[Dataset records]
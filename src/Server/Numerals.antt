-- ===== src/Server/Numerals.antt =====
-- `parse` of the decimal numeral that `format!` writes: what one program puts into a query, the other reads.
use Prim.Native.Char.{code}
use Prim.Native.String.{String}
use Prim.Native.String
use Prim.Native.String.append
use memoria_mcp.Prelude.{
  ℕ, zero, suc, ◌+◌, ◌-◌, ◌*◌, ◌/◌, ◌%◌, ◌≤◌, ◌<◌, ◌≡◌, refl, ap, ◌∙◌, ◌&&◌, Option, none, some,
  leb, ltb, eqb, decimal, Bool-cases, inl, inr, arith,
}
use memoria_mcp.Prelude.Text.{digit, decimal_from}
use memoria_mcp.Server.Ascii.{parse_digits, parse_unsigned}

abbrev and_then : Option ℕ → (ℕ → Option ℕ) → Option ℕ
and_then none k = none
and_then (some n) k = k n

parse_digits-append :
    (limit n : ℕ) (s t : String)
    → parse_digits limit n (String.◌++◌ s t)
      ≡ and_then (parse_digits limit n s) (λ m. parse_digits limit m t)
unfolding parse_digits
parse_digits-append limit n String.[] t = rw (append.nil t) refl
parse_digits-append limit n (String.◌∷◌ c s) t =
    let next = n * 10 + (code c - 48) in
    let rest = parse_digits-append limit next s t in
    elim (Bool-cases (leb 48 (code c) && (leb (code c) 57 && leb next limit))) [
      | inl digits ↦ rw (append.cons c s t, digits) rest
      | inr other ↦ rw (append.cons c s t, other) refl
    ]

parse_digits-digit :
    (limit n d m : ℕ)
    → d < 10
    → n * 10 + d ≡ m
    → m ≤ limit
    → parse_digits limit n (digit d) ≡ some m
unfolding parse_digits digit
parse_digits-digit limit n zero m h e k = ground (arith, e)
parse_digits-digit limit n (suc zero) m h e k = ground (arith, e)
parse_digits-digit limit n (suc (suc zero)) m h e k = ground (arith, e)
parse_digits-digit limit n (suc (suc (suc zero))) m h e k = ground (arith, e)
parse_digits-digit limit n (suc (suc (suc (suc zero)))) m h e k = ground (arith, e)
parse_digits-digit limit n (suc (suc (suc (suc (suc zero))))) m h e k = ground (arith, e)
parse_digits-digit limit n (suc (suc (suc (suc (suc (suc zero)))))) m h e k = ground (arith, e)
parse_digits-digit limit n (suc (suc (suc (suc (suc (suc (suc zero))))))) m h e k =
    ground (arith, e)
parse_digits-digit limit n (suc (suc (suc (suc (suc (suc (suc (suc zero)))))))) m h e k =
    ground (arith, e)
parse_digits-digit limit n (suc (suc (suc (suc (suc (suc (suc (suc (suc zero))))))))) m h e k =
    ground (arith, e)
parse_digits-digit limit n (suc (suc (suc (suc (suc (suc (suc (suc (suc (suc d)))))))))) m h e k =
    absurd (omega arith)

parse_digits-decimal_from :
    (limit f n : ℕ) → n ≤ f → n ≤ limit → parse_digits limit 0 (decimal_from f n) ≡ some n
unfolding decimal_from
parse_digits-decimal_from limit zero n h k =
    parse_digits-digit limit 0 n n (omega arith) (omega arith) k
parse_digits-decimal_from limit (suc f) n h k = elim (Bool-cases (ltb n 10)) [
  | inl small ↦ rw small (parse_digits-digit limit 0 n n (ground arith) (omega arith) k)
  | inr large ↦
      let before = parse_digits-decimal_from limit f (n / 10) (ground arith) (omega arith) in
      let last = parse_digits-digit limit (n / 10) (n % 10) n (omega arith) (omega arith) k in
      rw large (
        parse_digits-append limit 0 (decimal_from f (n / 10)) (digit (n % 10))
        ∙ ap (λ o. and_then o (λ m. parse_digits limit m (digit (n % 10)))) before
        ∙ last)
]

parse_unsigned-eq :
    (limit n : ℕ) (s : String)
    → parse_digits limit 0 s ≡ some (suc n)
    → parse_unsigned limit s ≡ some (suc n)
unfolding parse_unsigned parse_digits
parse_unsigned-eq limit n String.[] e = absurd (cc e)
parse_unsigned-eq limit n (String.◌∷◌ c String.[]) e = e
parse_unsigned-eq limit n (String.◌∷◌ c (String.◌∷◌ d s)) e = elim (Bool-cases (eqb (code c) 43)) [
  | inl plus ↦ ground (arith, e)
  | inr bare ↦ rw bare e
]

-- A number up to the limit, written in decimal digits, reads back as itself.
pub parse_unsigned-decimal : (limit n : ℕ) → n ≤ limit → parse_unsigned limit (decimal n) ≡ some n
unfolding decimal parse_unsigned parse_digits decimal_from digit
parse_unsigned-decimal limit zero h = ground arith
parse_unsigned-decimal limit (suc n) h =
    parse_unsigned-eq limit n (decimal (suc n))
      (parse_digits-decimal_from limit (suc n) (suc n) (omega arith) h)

* [Work request]:
Go line by line through the entries above and tally those that hold the word "rest"; give the tally alone.

* [Result of this exercise]:
2